# Freelancer's Visa for Germany: some questions



## cerulean

I'm a web designer/developer planning on moving to EU with my wife this fall. I've lived in Germany, speak german, and it seems attractive. (I'm a US citizen, as is my wife) The artist/freelancer's visa in Berlin seems a good place to start. 

• Would my wife be able to remain with me in Berlin if I got a artist/freelancer's visa? Could she seek work of any kind or would she need to obtain her own artist/freelancer's visa? • Is the freelancer's visa option available in other cities in Germany? (I've lived in Hamburg, and there's less unemployment there I think, so that's a thought) 

• If I were in Berlin (or elsewhere) on a freelancer's visa and a full-time position came up, would I be able to apply to a regular work visa without leaving Germany? 

• Is private health insurance (required for freelancer's visa) relatively easy to obtain? I think there are two types? Which is better? How much does it cost, generally? 

• I see in the requirements for the freelancer's visa that if you're over 45 you have to provide "pension insurance", but NOT if you're from the USA. But elsewhere it seems to contradict that. Anybody know the story? 
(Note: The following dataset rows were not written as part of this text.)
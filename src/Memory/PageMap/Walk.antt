-- ===== src/Memory/PageMap/Walk.antt =====
-- What the processor finds in the tables of memory/paging_map.c: the mapping of each virtual
-- address. It reads 48 bits of an address, and bit 7 of an entry in the second and third table only.
use Prim.Native.Nat.{bit_and}
use helos.Prelude.{
  ℕ, suc, ◌+◌, ◌*◌, ◌%◌, ◌^◌, ◌≤◌, ◌≡◌, Bool, true, false, not, ◌&&◌, ◌||◌, Option, none, some,
  List, [], ◌∷◌, ◌==◌, if◌then◌else◌, length,
}
use helos.Memory.Physical.{page_size, page_2m_size}
use helos.Memory.Physical.Bitmap.{used}
use helos.Memory.PageMap.{
  Paging, has, index1, index2, index3, index4, page_1g_size, pml_addr_mask, pml_addr_mask_1g,
  pml_addr_mask_2m, pml_present, pml_writeable, pml_page_size, pml_execute_disable,
}

abbrev pub indices : ℕ → List ℕ
indices v = index4 v ∷ index3 v ∷ index2 v ∷ index1 v ∷ []

-- Whether an entry of a table at this depth stands for a page.
unfoldable pub leaf : ℕ → ℕ → Bool
leaf depth e = (depth == 3) || not (depth == 0) && has e pml_page_size

-- The entry of the page, and the indices that lie within it.
unfoldable pub walk : (ℕ → ℕ → ℕ) → ℕ → ℕ → List ℕ → Option (ℕ × List ℕ)
walk tables depth t [] = none
walk tables depth t (i ∷ is) =
    let e = tables t i in
    let rest = walk tables (suc depth) (bit_and e pml_addr_mask) is in
    if has e pml_present then (if leaf depth e then some (e, is) else rest) else none

-- The physical address, and what may be done there besides reading.
pub record Access : Type 0 where
  pub address : ℕ
  pub writable : Bool
  pub executable : Bool

abbrev pub page_address : ℕ → ℕ → List ℕ → ℕ
page_address v e [] = bit_and e pml_addr_mask + v % page_size
page_address v e (i ∷ []) = bit_and e pml_addr_mask_2m + v % page_2m_size
page_address v e (i ∷ j ∷ is) = bit_and e pml_addr_mask_1g + v % page_1g_size

-- Whether the entries on the way all pass a test: a right must be given at each level.
unfoldable pub allows : (ℕ → Bool) → (ℕ → ℕ → ℕ) → ℕ → ℕ → List ℕ → Bool
allows test tables depth t [] = true
allows test tables depth t (i ∷ is) =
    let e = tables t i in
    let rest = allows test tables (suc depth) (bit_and e pml_addr_mask) is in
    test e && (if leaf depth e then true else rest)

abbrev pub lets_write : ℕ → Bool
lets_write e = has e pml_writeable

abbrev pub lets_execute : Bool → ℕ → Bool
lets_execute xd e = not (xd && has e pml_execute_disable)

abbrev pub access : ℕ → Bool → Bool → Option (ℕ × List ℕ) → Option Access
access v writable executable none = none
access v writable executable (some (e, is)) =
    some (record { address = page_address v e is; writable = writable; executable = executable })

unfoldable pub find_page : Paging → ℕ → Option (ℕ × List ℕ)
find_page s v = walk s.tables 0 s.pml4 (indices v)

-- What the processor makes of an address: the place in the page, and the rights that every entry on
-- the way gives.
unfoldable pub translate : Paging → ℕ → Option Access
translate s v =
    access v (allows lets_write s.tables 0 s.pml4 (indices v))
      (allows (lets_execute s.execute_disable) s.tables 0 s.pml4 (indices v)) (find_page s v)

-- No page larger than 4 KiB is found.
abbrev pub IsSmall : Option (ℕ × List ℕ) → Type 0
IsSmall none = Unit {0}
IsSmall (some (e, [])) = Unit {0}
IsSmall (some (e, i ∷ is)) = ⊥

-- The tables form a tree: `role` gives each table the indices on the way to it, the last one first.
-- An entry for a table takes no right away. A frame that the allocator may give out is no table.
pub record IsTree (s : Paging) (role : ℕ → Option (List ℕ)) : Type 0 where
  pub root : role s.pml4 ≡ some []
  pub aligned : (t : ℕ) (p : List ℕ) → role t ≡ some p → t % 4096 ≡ 0
  pub points :
      (t : ℕ) (p : List ℕ) (i : ℕ)
      → role t ≡ some p
      → has (s.tables t i) pml_present ≡ true
      → leaf (length p) (s.tables t i) ≡ false
      → role (bit_and (s.tables t i) pml_addr_mask) ≡ some (i ∷ p)
  pub opens :
      (t : ℕ) (p : List ℕ) (i : ℕ)
      → role t ≡ some p
      → has (s.tables t i) pml_present ≡ true
      → leaf (length p) (s.tables t i) ≡ false
      → (has (s.tables t i) pml_writeable ≡ true) × (has (s.tables t i) pml_execute_disable ≡ false)
  pub in_use : (page : ℕ) → used s.frames.bitmap page ≡ false → role (page * page_size) ≡ none
  pub covers : s.frames.end_page ≤ 64 * length s.frames.bitmap
  pub fits : s.frames.end_page ≤ 2 ^ 40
Thanks for any help! — if you have links for me to pursue that's great too, but first-hand experiences are best.


----------



## Nononymous

I'll answer what I can, as best I can.



cerulean said:


> • Would my wife be able to remain with me in Berlin if I got a artist/freelancer's visa? Could she seek work of any kind or would she need to obtain her own artist/freelancer's visa?


If you were granted a freelance visa I expect she could stay with you as a dependent, but this might increase income they'd want to see, and of course she'd need health insurance coverage too. She could look for work as long as she's in the country legally (i.e. first 90 day or on a residence permit as your spouse) but would then need to apply for a work permit if she had a job offer; she could also apply for her own freelancer visa.



> • Is the freelancer's visa option available in other cities in Germany? (I've lived in Hamburg, and there's less unemployment there I think, so that's a thought)


The immigration laws are federal so it must be available everywhere, but the actual practice may differ in the various Bundesländer. You do tend to hear of it mostly in Berlin, either because it's most common there or because the Ausländerbehörde is particularly lenient.



> • If I were in Berlin (or elsewhere) on a freelancer's visa and a full-time position came up, would I be able to apply to a regular work visa without leaving Germany?


Yes.

Can't answer your health insurance or pension questions, sorry. 



> Thanks for any help! — if you have links for me to pursue that's great too, but first-hand experiences are best.


I did see a recent post on another forum there suggesting that you needed two separate contract offers for this visa, partly because they're cracking down on "Scheinselbständigkeit" - contractors working semi-permanently for one employer.

Good luck!


----------



## shawshank.kodi

Hi, 
I am here at Munich,germany on a jobseeker visa from India, which allows me to search for a job in 6 months. I came to know via make-it-in-germany hotline that one will have to apply for residence permit to do a freelancer job. With a permanent contract, i know there won't be any issues in getting the residence permit. 

The freelancer job is a fulltime IT Project in Berlin for about 3 Months and there is a possibility of renewal. I will be placed at the customer site and the project language is English. 

Will there be any constraints if I apply for residence permit with this particular freelancer job offer? Any limitations on hourly rate ?? 
Thanks


----------